[Opening Data shown section]
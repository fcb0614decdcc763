-- ===== src/Ingester/Worker/States.antt =====
-- The tables of ingester/worker.js: which stage runs a state, and the sets that its gates read.
use repo_backend_v.Base.{
  String, Bool, not, Option, none, some, List, [], ◌∷◌, ◌++◌, if◌then◌else◌, ◌==◌, string_eq,
  contains, filter, map,
}

pub data Stage : Type 0 where
  process_metadata upload transfer ingest repository aip_store : Stage

abbrev pub stage_by_state : List (String × Stage)
stage_by_state =
    ("PENDING", process_metadata)
    ∷ ("PROCESSING_METADATA", process_metadata)
    ∷ ("QA_COMPLETE", upload)
    ∷ ("UPLOADING", upload)
    ∷ ("UPLOAD_COMPLETE", transfer)
    ∷ ("TRANSFER_STARTED", transfer)
    ∷ ("TRANSFER_IN_PROGRESS", transfer)
    ∷ ("TRANSFER_COMPLETE", ingest)
    ∷ ("INGEST_IN_PROGRESS", ingest)
    ∷ ("INGEST_COMPLETE", ingest)
    ∷ ("WAITING_FOR_DURACLOUD", ingest)
    ∷ ("METADATA_PROCESSED", repository)
    ∷ ("CREATING_REPOSITORY_RECORD", repository)
    ∷ ("AIP_STORE_PENDING", aip_store)
    ∷ ("AIP_STORE_IN_PROGRESS", aip_store)
    ∷ []

find_stage : String → List (String × Stage) → Option Stage
find_stage state [] = none
find_stage state ((s, stage) ∷ table) = if s == state then some stage else find_stage state table

-- `stages[state]`
unfoldable pub stage_of : String → Option Stage
unfolding find_stage
stage_of state = find_stage state stage_by_state

abbrev pub ready_states : List String
ready_states = map (λ e. e.0) stage_by_state

abbrev pub stage6_states : List String
stage6_states = "AIP_STORE_PENDING" ∷ "AIP_STORE_IN_PROGRESS" ∷ []

-- The ready states that are not of stage 6, as the code filters them.
unfoldable pub pipeline_states : List String
unfolding contains
pipeline_states = filter (λ s. not (contains stage6_states s)) ready_states

unfoldable pub pipeline_mid_states : List String
unfolding pipeline_states
pipeline_mid_states = filter (λ s. not (s == "PENDING")) pipeline_states

abbrev pub serial_claim_order : List String
serial_claim_order =
    "CREATING_REPOSITORY_RECORD" ∷ "METADATA_PROCESSED" ∷ "WAITING_FOR_DURACLOUD"
    ∷ "INGEST_COMPLETE" ∷ "INGEST_IN_PROGRESS" ∷ "TRANSFER_COMPLETE" ∷ "TRANSFER_IN_PROGRESS"
    ∷ "TRANSFER_STARTED" ∷ "UPLOAD_COMPLETE" ∷ "UPLOADING" ∷ "QA_COMPLETE" ∷ "PROCESSING_METADATA"
    ∷ "PENDING" ∷ "AIP_STORE_IN_PROGRESS" ∷ "AIP_STORE_PENDING" ∷ []

abbrev pub am_entry_states : List String
am_entry_states = "UPLOAD_COMPLETE" ∷ []

abbrev pub am_inside_states : List String
am_inside_states =
    "TRANSFER_STARTED" ∷ "TRANSFER_IN_PROGRESS" ∷ "TRANSFER_COMPLETE" ∷ "INGEST_IN_PROGRESS" ∷ []

abbrev pub am_active_states : List String
am_active_states = am_entry_states ++ am_inside_states

unfoldable pub is_pipeline : String → Bool
unfolding contains pipeline_states
is_pipeline state = contains pipeline_states state

unfoldable pub is_stage6 : String → Bool
unfolding contains
is_stage6 state = contains stage6_states state

unfoldable pub is_am_active : String → Bool
unfolding contains
is_am_active state = contains am_active_states state

unfoldable pub is_am_entry : String → Bool
unfolding contains
is_am_entry state = contains am_entry_states state

unfoldable pub is_am_inside : String → Bool
unfolding contains
is_am_inside state = contains am_inside_states state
[Closing Data shown section]
Activity: Between the first line of the entries above and the line with "process_metadata upload transfer", both included, copy every line exactly and nothing outside that range.

Result:
repository fcb0614decdcc763
-- ===== src/Ingester/Worker/States.antt =====
-- The tables of ingester/worker.js: which stage runs a state, and the sets that its gates read.
use repo_backend_v.Base.{
  String, Bool, not, Option, none, some, List, [], ◌∷◌, ◌++◌, if◌then◌else◌, ◌==◌, string_eq,
  contains, filter, map,
}

pub data Stage : Type 0 where
  process_metadata upload transfer ingest repository aip_store : Stage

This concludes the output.